Temora turbinata has been known as suspension feeder, a typical algivore that prefers microscopic and non- or slow-moving phytoplankton. However, it has been suggested that T. turbinata is also able to exploit moving prey like ciliates (Wu et al. 2010). The present results suggest that T. turbinata has broad spectrum of prey selection from HNF to diatom, but Thalassiosira spp. seems to be the most preferable food item based on the highest clearance rate among prey assemblages. On the other hand, Nitzschia spp. showed the lowest clearance rates among diatom prey and can be considered as less-preferred diatom prey item.
Among microbial components, HNF are tiny organisms (from 5 to 20 μm) and it has been reported that HNF are not preferably consumed by calanoid copepods and often increase under grazing by calanoid copepods due to trophic cascade mediated by ciliates that mainly consume HNF (Bouvy et al. 2006). On the other hand, Pagano et al. (2006) have suggested the possibility of consumption of HNF by calanoid copepods because metabolic budgets for calanoid copepods suggested that consumption of phytoplankton could not balance their respiration needs. Insufficient energy can be satisfied by feeding upon HNF and/or detritus. In the present experiment, the response of HNF against T. turbinata feeding was prominent in the first experiment, and clearance rate for HNF showed similar range with other preferable prey items including diatoms and ciliates. However, in the second experiment, the response of HNF density and consequent clearance rates suggested no apparent feeding of T. turbinata on HNF. Additionally, T. turbinata showed high clearance rate only on Thalassiosira spp. The clearance rates on ciliates and Nitzschia spp. were lower than those measured in the first experiment. The results suggest that prey selection and consumption amounts can be modified by the presence of preferable prey item like Thalassiosira spp. in the environments. It has been suggested that genus Temora utilizes a broad range of food sources, but Temora often shows dietary shifts from omnivorous to a more herbivorous feeding mode with increase of phytoplankton abundance (Gentsch et al. 2009).
In conclusion, our results suggest that HNF are possible alternative prey item for the calanoid copepod T. turbinata, but their contribution as food sources can be available when preferable diatom species are scarce. The role of HNF and ciliates as “linkages” between microbial production and upper trophic levels can be modified by diatom species composition.

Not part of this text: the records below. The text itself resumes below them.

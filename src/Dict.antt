-- ===== src/Dict.antt =====
-- `ElemDict`, the ordered multi-dictionary of src/xmlbeansxx/Dict.h and Dict.cpp that holds the
-- attributes and the child elements of every `Contents`. A value is a shared pointer: here an
-- `Option A`, whose `none` is the null pointer, over any type `A` of pointers. No operation of
-- the dictionary follows a pointer. The children state its laws against `Values`, the list of
-- the values that stand under one name.
pub mod Values
pub mod Delete
pub mod Appending
mod Examples
use xmlbeansxx.Prelude.{
  ℕ, zero, suc, ◌+◌, ◌-◌, List, [], ◌∷◌, ◌++◌, Option, none, some, Bool, true, false, not, ◌&&◌,
  ◌==◌, if◌then◌else◌, length, get_or, set, take, ℤ, pos, dec, is_minus_one, is_zero, pos_part,
}
use xmlbeansxx.QName.{QName, empty_qname, qname_eq}

-- `DictEl<T>`, with `T` a pointer.
pub record DictEl (A : Type 0) : Type 0 where
  pub name : QName
  pub value : Option A

abbrev pub dict_el : {A : Type 0} → QName → Option A → DictEl A
dict_el u v = record { name = u; value = v }

-- `ContentsType`, the vector that is the dictionary's only field.
abbrev pub ElemDict : Type 0 → Type 0
ElemDict A = List (DictEl A)

-- The loop of `set` over the elements: the dictionary with the value put in, or the `pos` that
-- is left at the end.
pub data SetScan (A : Type 0) : Type 0 where
  done : ElemDict A → SetScan A
  missed : ℤ → SetScan A

-- The state of the loop of `del`: the vector that it compacts in place, its two positions and
-- its counter.
pub record DelState (A : Type 0) : Type 0 where
  pub contents : ElemDict A
  pub p : ℕ
  pub p2 : ℕ
  pub ile : ℕ

module _ {A : Type 0} where
  -- `value_type()`: the empty name and the null pointer.
  abbrev pub no_el : DictEl A
  no_el = dict_el empty_qname none

  unfoldable pub size : ElemDict A → ℕ
  size contents = length contents

  unfoldable pub has_empty_content : ElemDict A → Bool
  has_empty_content [] = true
  has_empty_content (it ∷ rest) = elim it.value [ some p ↦ false | none ↦ has_empty_content rest ]

  -- The countdown is taken only at an element of that name.
  unfoldable pub find : ElemDict A → QName → ℤ → DictEl A
  find [] u nr = no_el
  find (it ∷ rest) u nr =
      let hit = qname_eq it.name u in
      let nr' = if hit then dec nr else nr in
      let later = find rest u nr' in if hit && is_minus_one nr' then it else later

  unfoldable pub count : ElemDict A → QName → ℕ
  count [] u = 0
  count (it ∷ rest) u = let later = count rest u in if qname_eq it.name u then suc later else later

  unfoldable pub add : ElemDict A → QName → Option A → ElemDict A
  add contents u v = contents ++ dict_el u v ∷ []

  -- `for(int i=0;i<pos;i++) add(u,data_type());`
  unfoldable pub pad : ℕ → ElemDict A → QName → ElemDict A
  unfolding add
  pad zero contents u = contents
  pad (suc n) contents u = pad n (add contents u none) u

  abbrev pub behind : DictEl A → SetScan A → SetScan A
  behind it (done rest) = done (it ∷ rest)
  behind it (missed pos') = missed pos'

  unfoldable pub set_scan : ElemDict A → QName → ℤ → Option A → SetScan A
  set_scan [] u pos' v = missed pos'
  set_scan (it ∷ rest) u pos' v =
      let hit = qname_eq it.name u in
      let later = set_scan rest u (if hit then dec pos' else pos') v in
      if hit && is_zero pos' then done (dict_el u v ∷ rest) else behind it later

  unfoldable pub finish_set : ElemDict A → QName → Option A → SetScan A → ElemDict A
  unfolding add pad
  finish_set contents u v (done contents') = contents'
  finish_set contents u v (missed pos') = add (pad (pos_part pos') contents u) u v

  -- `ElemDict::set`.
  unfoldable pub set_at : ElemDict A → QName → ℤ → Option A → ElemDict A
  unfolding set_scan finish_set
  set_at contents u pos' v = finish_set contents u v (set_scan contents u pos' v)

  -- `if (p!=p2) contents[p2]=contents[p];`
  unfoldable pub move_down : ElemDict A → ℕ → ℕ → ElemDict A
  move_down contents p p2 =
      if not (p == p2) then set contents p2 (get_or contents p no_el) else contents

  -- One round of the loop of `del`.
  unfoldable pub del_round : QName → DelState A → DelState A
  unfolding move_down
  del_round u s =
      let c = move_down s.contents s.p s.p2 in
      if qname_eq (get_or c s.p no_el).name u
      then record { contents = set c s.p no_el; p = s.p + 1; p2 = s.p2; ile = s.ile + 1 }
      else record { contents = c; p = s.p + 1; p2 = s.p2 + 1; ile = s.ile }

  -- The loop runs while `p` is below the size, which it leaves alone: the rounds left are given.
  unfoldable pub del_loop : ℕ → QName → DelState A → DelState A
  unfolding del_round
  del_loop zero u s = s
  del_loop (suc rounds) u s = del_loop rounds u (del_round u s)

  -- The state after the loop; `ile` elements are then popped, and `ile` is returned.
  unfoldable pub del_end : ElemDict A → QName → DelState A
  unfolding del_loop
  del_end contents u =
      del_loop (length contents) u (record { contents = contents; p = 0; p2 = 0; ile = 0 })

  unfoldable pub del : ElemDict A → QName → ElemDict A × ℕ
  unfolding del_end
  del contents u =
      let s = del_end contents u in (take (length s.contents - s.ile) s.contents, s.ile)

  unfoldable pub remove_at : ElemDict A → QName → ℤ → ElemDict A
  remove_at [] u index = []
  remove_at (it ∷ rest) u index =
      let hit = qname_eq it.name u in
      let index' = if hit then dec index else index in
      let later = remove_at rest u index' in if hit && is_minus_one index' then rest else it ∷ later

  unfoldable pub free : ElemDict A → ElemDict A
  free contents = []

The present experiments were carried out under limited laboratory condition and prey assemblages during short period. Temora turbinata is one of dominant calanoid copepods in the East Asian marginal seas. Further studies considering species composition and size-fractionation of microbial components are necessary for the better understanding of prey selectivity of T. turbinata and its role as linkage between microbial production and upper trophic levels in coastal areas.